# Costs for whaling/fishing/shipping vessels



## linusblomqvist (Apr 17, 2017)

Hi - I'm Linus and I'm a graduate student at Yale doing my research on 20th-century whaling. As part of this, I'm looking into whaling ships and in particular, their costs. I only have scattered data on actual whaling ships. Does anyone know if there exists some time series of costs (or a cost index) for ships used in fishing, shipping, or anything else that could serve as a proxy for the cost of whaling ships (floating factories)? Any advice would be much appreciated!


----------



## Michael Taylor (Aug 31, 2008)

I am a docent at the New Bedford Whaling Museum (Massachusetts)...probably the finest one of its kind. Most of our exhibits and collections are from 1800 to 1900 but we do have some later material. Since you are not to far away it may be worth a visit.


----------



## linusblomqvist (Apr 17, 2017)

Hi Michael - thanks for responding! I've been to the New Bedford Museum several times, in fact. I've gone through much of the 20th-century material in the research library, but if you know anything that might specifically address costs/ships, do let me know.
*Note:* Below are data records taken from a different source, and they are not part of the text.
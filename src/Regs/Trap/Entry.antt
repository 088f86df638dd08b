-- ===== src/Regs/Trap/Entry.antt =====
-- `mstatus` after the entry to a trap and after the return from one, bit by bit.
use space_emu.Base.{ℕ, ◌^◌, ◌<◌, ◌≡◌, arith, bit_and, bit_or, true, false, ◌&&◌, ◌||◌}
use space_emu.Base.{ltb, if◌then◌else◌, ◌==◌}
use space_emu.Base.Word.{lnot, ◌>>>◌, ◌<<<◌}
use space_emu.Base.Bits.{has_bit, has_bit-bit_or}
use space_emu.Base.Bits.{has_bit_above, has_bit-pow}
use space_emu.Regs.Trap.{machine_entry, supervisor_entry, mret_mstatus, sret_mstatus}
use space_emu.Regs.Trap.Bits.{has_bit-flag, has_bit-field, has_bit-clear, three}

-- Setting the bit `k` of a word to bit `j` of a word.
abbrev set_flag : ℕ → ℕ → ℕ → ℕ
set_flag a k flag = bit_or (bit_and a (lnot 64 (2 ^ k))) (flag <<< k)

has_bit-set_flag :
    (a b j k i : ℕ)
    → k < 64
    → has_bit (set_flag a k (bit_and (b >>> j) 1)) i
      ≡ (if i == k then has_bit b j else ltb i 64 && has_bit a i)
has_bit-set_flag a b j k i h = ground (
  arith,
  has_bit-bit_or (bit_and a (lnot 64 (2 ^ k))) (bit_and (b >>> j) 1 <<< k) i,
  has_bit-clear a (2 ^ k) i,
  has_bit-pow k i,
  has_bit-flag b j k i,
)

-- MPP is bits 11 and 12.
mpp_mask : (i : ℕ) → has_bit (3 <<< 11) i ≡ i == 11 || i == 12
mpp_mask i = ground (arith, has_bit-field 3 11 i (omega arith), three 0, three 1)

module _ (m : ℕ) (m_lt : m < 2 ^ 64) (p : ℕ) (p_lt : p < 4) where
  pub has_bit-machine_entry :
      (i : ℕ)
      → has_bit (machine_entry m p) i ≡ (
          if i == 3
          then false
          else if i == 7
          then has_bit m p
          else if i == 11
          then has_bit p 0
          else if i == 12
          then has_bit p 1
          else has_bit m i)
  unfolding machine_entry
  has_bit-machine_entry i =
      let m1 = set_flag m 7 (bit_and (m >>> p) 1) in
      let m2 = bit_or (bit_and m1 (lnot 64 (3 <<< 11))) (p <<< 11) in
      ground (
        arith,
        has_bit-clear m2 (2 ^ 3) i,
        has_bit-pow 3 i,
        has_bit-bit_or (bit_and m1 (lnot 64 (3 <<< 11))) (p <<< 11) i,
        has_bit-clear m1 (3 <<< 11) i,
        mpp_mask i,
        has_bit-field p 11 i p_lt,
        has_bit-set_flag m m p 7 i (omega arith),
        has_bit_above 64 m i m_lt,
      )

  pub has_bit-mret_mstatus :
      (i : ℕ)
      → has_bit (mret_mstatus m p) i ≡ (
          if i == 7
          then true
          else if i == 11 || i == 12
          then false
          else if i == p
          then has_bit m 7
          else has_bit m i)
  unfolding mret_mstatus
  has_bit-mret_mstatus i =
      let m1 = set_flag m p (bit_and (m >>> 7) 1) in
      ground (
        arith,
        has_bit-clear (bit_or m1 (2 ^ 7)) (3 <<< 11) i,
        mpp_mask i,
        has_bit-bit_or m1 (2 ^ 7) i,
        has_bit-pow 7 i,
        has_bit-set_flag m m 7 p i (omega arith),
        has_bit_above 64 m i m_lt,
      )

module _ (m : ℕ) (m_lt : m < 2 ^ 64) (p : ℕ) (p_lt : p < 2) where
  pub has_bit-supervisor_entry :
      (i : ℕ)
      → has_bit (supervisor_entry m p) i ≡ (
          if i == 1
          then false
          else if i == 5
          then has_bit m p
          else if i == 8
          then has_bit p 0
          else has_bit m i)
  unfolding supervisor_entry
  has_bit-supervisor_entry i =
      let m1 = set_flag m 5 (bit_and (m >>> p) 1) in
      let m2 = bit_or (bit_and m1 (lnot 64 (2 ^ 8))) (p <<< 8) in
      ground (
        arith,
        has_bit-clear m2 (2 ^ 1) i,
        has_bit-pow 1 i,
        has_bit-bit_or (bit_and m1 (lnot 64 (2 ^ 8))) (p <<< 8) i,
        has_bit-clear m1 (2 ^ 8) i,
        has_bit-pow 8 i,
        has_bit-field p 8 i (omega arith),
        has_bit_above 1 p 1 p_lt (omega arith),
        has_bit-set_flag m m p 5 i (omega arith),
        has_bit_above 64 m i m_lt,
      )

  pub has_bit-sret_mstatus :
      (i : ℕ)
      → has_bit (sret_mstatus m p) i ≡ (
          if i == 5
          then true
          else if i == 8
          then false
          else if i == p
          then has_bit m 5
          else has_bit m i)
  unfolding sret_mstatus
  has_bit-sret_mstatus i =
      let m1 = set_flag m p (bit_and (m >>> 5) 1) in
      ground (
        arith,
        has_bit-clear (bit_or m1 (2 ^ 5)) (2 ^ 8) i,
        has_bit-pow 8 i,
        has_bit-bit_or m1 (2 ^ 5) i,
        has_bit-pow 5 i,
        has_bit-set_flag m m 5 p i (omega arith),
        has_bit_above 64 m i m_lt,
      )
Best /Linus


----------



## Wyatt (Apr 27, 2018)

Michael Taylor said:


> I am a docent at the New Bedford Whaling Museum (Massachusetts)...probably the finest one of its kind. Most of our exhibits and collections are from 1800 to 1900 but we do have some later material. Since you are not to far away it may be worth a visit.


I'd love to visit it.


----------



## Michael Taylor (Aug 31, 2008)

Wyatt said:


> I'd love to visit it.


My Volunteer Time is Friday afternoon and all day Saturday and you would be very welcome. It is an amazing place to visit.


----------